Upregulation of the hyperpolarization-activated cation current in rat thalamic relay neurones by acetazolamide

1. The effect of inhibition of brain carbonic anhydrase (CB) on the hyperpolarization-activated cation current (I-h) of thalamocortical (TC) neurones of the rat ventrobasal thalamic complex (VB) was investigated in an in vitro slice preparation using the whole-cell patch-clamp technique and fluorescence ratio imaging of the pH indicator 2',7'-bis(carboxyethyl) -5(and -6)-carboxyfluorescein (BCECF). 2. Recording of I-h before and after addition of 0.4-0.8 mM acetazolamide to the bathing fluid revealed a significant shift in the voltage dependence of activation (V-1/2) of 5-7 mV to more positive potentials. 3. Simultaneous recording of I-h and BCECF fluorescence ratio (F-420/F-495) revealed an increase in I-h amplitude accompanied by an intracellular alkalinization upon application of acetazolamide.
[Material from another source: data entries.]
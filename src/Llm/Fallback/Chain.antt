-- ===== src/Llm/Fallback/Chain.antt =====
-- Which client of a fallback chain answers.
use kubeflare.Prelude.{
  ◌≡◌, refl, ap, ◌∙◌, sym, subst, inl, inr, true, false, Option, none, some, List, [], ◌∷◌, ◌++◌,
  String, Bool-cases, arith, length,
}
use kubeflare.Prelude.Dict.{lookup}
use kubeflare.Prelude.Fallible.{Fallible, ok, err, ok_inj, err_no_ok}
use kubeflare.Llm.{LlmError, is_retryable}
use kubeflare.Llm.Fallback.{
  Client, ask, present, new_fallback_client, Registry, named_clients, fallback_client, after_client,
  FallbackError, configured, append_client, wrap, chain_of, with_fallbacks, default_client,
}

module _ {S A : Type 0} where
  -- These clients, asked in turn, all failed in a way that is worth a new try.
  pub data Passed : List (Client S A) → S → S → Type 0 where
    nobody : {s : S} → Passed [] s s
    passed :
        {c : Client S A} {cs : List (Client S A)} {s s' t : S} {e : LlmError}
        → c s ≡ (err e, s')
        → is_retryable e ≡ true
        → Passed cs s' t
        → Passed (c ∷ cs) s t

  -- Why the loop stops at a client with this result.
  pub data Stops (after : List (Client S A)) : Fallible LlmError A × S → Type 0 where
    success : {a : A} {t : S} → Stops after (ok a, t)
    rejected : {e : LlmError} {t : S} → is_retryable e ≡ false → Stops after (err e, t)
    exhausted : {e : LlmError} {t : S} → after ≡ [] → Stops after (err e, t)

  -- The clients before the one that answers, that one, and those that were not asked.
  pub record Answer (cs : List (Client S A)) (s : S) (r : Fallible LlmError A × S) : Type 0 where
    pub before : List (Client S A)
    pub asked : Client S A
    pub after : List (Client S A)
    pub split : cs ≡ before ++ asked ∷ after
    pub at : S
    pub degraded : Passed before s at
    pub answers : asked at ≡ r
    pub stops : Stops after r

  answers_now :
      (c : Client S A) (cs : List (Client S A)) (s : S) (r : Fallible LlmError A × S)
      → c s ≡ r
      → Stops cs r
      → Answer (c ∷ cs) s r
  answers_now c cs s r called stop = record {
    before = [];
    asked = c;
    after = cs;
    split = refl;
    at = s;
    degraded = nobody;
    answers = called;
    stops = stop;
  }

  answers_later :
      (c : Client S A) (cs : List (Client S A)) (s s' : S) (e : LlmError)
      (r : Fallible LlmError A × S)
      → c s ≡ (err e, s')
      → is_retryable e ≡ true
      → Answer cs s' r
      → Answer (c ∷ cs) s r
  answers_later c cs s s' e r called retry a = record {
    before = c ∷ a.before;
    asked = a.asked;
    after = a.after;
    split = ap (λ xs. c ∷ xs) a.split;
    at = a.at;
    degraded = passed called retry a.degraded;
    answers = a.answers;
    stops = a.stops;
  }

  -- The clients registered under these names, in order.
  pub data Configured (r : Registry S A) : List String → List (Client S A) → Type 0 where
    no_names : Configured r [] []
    named :
        {name : String} {c : Client S A} {names : List String} {cs : List (Client S A)}
        → lookup name r.clients ≡ some (some c)
        → Configured r names cs
        → Configured r (name ∷ names) (c ∷ cs)

module _ {S A : Type 0} (zero_value : A) where
  nil_no_cons : {d : Client S A} {ds : List (Client S A)} → [] ≡ d ∷ ds → ⊥
  nil_no_cons e = omega (arith, ap length e)

  called-Answer :
      (c : Client S A) (cs : List (Client S A)) (s : S) (r : Fallible LlmError A × S)
      → c s ≡ r
      → ((d : Client S A) (ds : List (Client S A))
          → cs ≡ d ∷ ds
          → (t : S) → Answer cs t (ask zero_value cs t))
      → Answer (c ∷ cs) s (after_client zero_value cs (ask zero_value cs) r)
  called-Answer c cs s (ok a, t) called ih = answers_now c cs s _ called success
  called-Answer c [] s (err e, t) called ih = elim (Bool-cases (is_retryable e)) [
    | inl retry ↦ rw retry (answers_now c [] s _ called (exhausted refl))
    | inr over ↦ rw over (answers_now c [] s _ called (exhausted refl))
  ]
  called-Answer c (d ∷ ds) s (err e, t) called ih = elim (Bool-cases (is_retryable e)) [
    | inl retry ↦ rw retry (answers_later c (d ∷ ds) s t e _ called retry (ih d ds refl t))
    | inr over ↦ rw over (answers_now c (d ∷ ds) s _ called (rejected over))
  ]

  ask-Answer :
      (c : Client S A) (cs : List (Client S A)) (s : S)
      → Answer (c ∷ cs) s (ask zero_value (c ∷ cs) s)
  unfolding ask
  ask-Answer c [] s = called-Answer c [] s (c s) refl (λ d ds e. absurd (nil_no_cons e))
  ask-Answer c (d ∷ ds) s = called-Answer c (d ∷ ds) s (c s) refl (λ d' ds' e t. ask-Answer d ds t)

  configured-ok :
      (missing : FallbackError) (o : Option (Option (Client S A))) (c : Client S A)
      → configured zero_value missing o ≡ ok c
      → o ≡ some (some c)
  configured-ok missing none c e = absurd (err_no_ok e)
  configured-ok missing (some none) c e = absurd (err_no_ok e)
  configured-ok missing (some (some d)) c e = ap (λ x. some (some x)) (ok_inj e)

  append_client-ok :
      (first : Fallible FallbackError (Client S A))
      (rest : Fallible FallbackError (List (Option (Client S A))))
      (ocs : List (Option (Client S A)))
      → append_client zero_value first rest ≡ ok ocs
      → (c : Client S A) × (cs : List (Option (Client S A))) × (first ≡ ok c)
        × (rest ≡ ok cs)
        × (ocs ≡ some c ∷ cs)
  append_client-ok (err x) rest ocs e = absurd (err_no_ok e)
  append_client-ok (ok c) (err x) ocs e = absurd (err_no_ok e)
  append_client-ok (ok c) (ok cs) ocs e = (c, cs, refl, refl, sym (ok_inj e))

  named_clients-Configured :
      (r : Registry S A) (names : List String) (ocs : List (Option (Client S A)))
      → named_clients zero_value r names ≡ ok ocs
      → Configured r names (present ocs)
  unfolding named_clients present
  named_clients-Configured r [] ocs e =
      subst (λ xs. Configured r [] (present xs)) (ok_inj e) no_names
  named_clients-Configured r (name ∷ names) ocs e =
      let (c, cs, first, rest, whole) = append_client-ok _ _ ocs e in
      subst (λ xs. Configured r (name ∷ names) (present xs)) (sym whole)
        (named (configured-ok _ _ c first) (named_clients-Configured r names cs rest))

  single_by : (c : Client S A) (s : S) (r : Fallible LlmError A × S) → c s ≡ r → Answer (c ∷ []) s r
  single_by c s (ok a, t) called = answers_now c [] s _ called success
  single_by c s (err e, t) called = answers_now c [] s _ called (exhausted refl)

  single-Answer : (c : Client S A) (s : S) → Answer (c ∷ []) s (c s)
  single-Answer c s = single_by c s (c s) refl

  wrap-Answer :
      (cs : List (Client S A)) (client : Client S A)
      → wrap zero_value cs ≡ ok client
      → (s : S) → Answer cs s (client s)
  wrap-Answer [] client e s = absurd (err_no_ok e)
  wrap-Answer (c ∷ []) client e s =
      subst (λ f. Answer (c ∷ []) s (f s)) (ok_inj e) (single-Answer c s)
  wrap-Answer (c ∷ d ∷ cs) client e s =
      subst (λ f. Answer (c ∷ d ∷ cs) s (f s)) (ok_inj e) (ask-Answer c (d ∷ cs) s)

  chain-Answer :
      (r : Registry S A) (names : List String) (ocs : List (Option (Client S A)))
      (client : Client S A)
      → Configured r names (present ocs)
      → new_fallback_client zero_value ocs ≡ ok client
      → (cs : List (Client S A)) × Configured r names cs × ((s : S) → Answer cs s (client s))
  unfolding new_fallback_client
  chain-Answer r names ocs client known e = (present ocs, known, wrap-Answer (present ocs) client e)

  chained-Answer :
      (r : Registry S A) (primary : Client S A) (names : List String)
      (rest : Fallible FallbackError (List (Option (Client S A)))) (client : Client S A)
      → lookup r.default_provider r.clients ≡ some (some primary)
      → named_clients zero_value r names ≡ rest
      → chain_of zero_value (append_client zero_value (ok primary) rest) ≡ ok client
      → (cs : List (Client S A)) × Configured r (r.default_provider ∷ names) cs
        × ((s : S) → Answer cs s (client s))
  unfolding present
  chained-Answer r primary names (err x) client d n e = absurd (err_no_ok e)
  chained-Answer r primary names (ok ocs) client d n e =
      chain-Answer r _ (some primary ∷ ocs) client
        (named d (named_clients-Configured r names ocs n)) e

  with_fallbacks-Answer :
      (r : Registry S A) (names : List String) (primary : Fallible FallbackError (Client S A))
      (client : Client S A)
      → default_client zero_value (some r) ≡ primary
      → with_fallbacks zero_value r names primary ≡ ok client
      → (cs : List (Client S A)) × Configured r (r.default_provider ∷ names) cs
        × ((s : S) → Answer cs s (client s))
  unfolding default_client named_clients present
  with_fallbacks-Answer r names (err x) client d e = absurd (err_no_ok e)
  with_fallbacks-Answer r [] (ok primary) client d e =
      (client ∷ [], named (configured-ok _ _ client (d ∙ e)) no_names, single-Answer client)
  with_fallbacks-Answer r (name ∷ names) (ok primary) client d e =
      chained-Answer r primary (name ∷ names) _ client (configured-ok _ _ primary d) refl e

  -- When the registry makes a client with these fallbacks, the default provider and every fallback
  -- are registered, and every call of that client is answered by one of them, in this order: those
  -- before it all failed in a way that is worth a new try; it succeeded, or failed in a way that is
  -- not, or is the last; and its response or error is the result.
  pub fallback_client-Answer :
      (r : Registry S A) (names : List String) (client : Client S A)
      → fallback_client zero_value (some r) names ≡ ok client
      → (cs : List (Client S A)) × Configured r (r.default_provider ∷ names) cs
        × ((s : S) → Answer cs s (client s))
  unfolding fallback_client
  fallback_client-Answer r names client e = with_fallbacks-Answer r names _ client refl e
The CA inhibitor ethoxyzolamide (EZA, 50 mu M) also led to an intracellular alkalinization and a subsequent 4-5 mV positive shift of V-1/2 of I-h. 4. Acetazolamide and EZA both profoundly slowed the rapid fall of pH, upon switching from Hepes- to CO2/HCO3--buffered superfusate, indicating intracellular CA isoforms in TC neurones. 5. In slices bathed in Hepes-buffered saline, addition of acetazolamide had no effect on the amplitude and time course of activation of I-h, indicating that the action of acetazolamide on I-h was dependent on the presence of HCO3-. 6. Under current-clamp conditions, the neuronal response to hyperpolarizing current pulses in the presence of acetazolamide was decreased as compared to control. This resulted in a strongly reduced ability of TC neurones to produce rebound Ca2+-mediated spikes. 7. The present results implied that in TC neurones acetazolamide led to an intracellular alkalinization which causes, due to its pH sensitivity, an increase in I-h.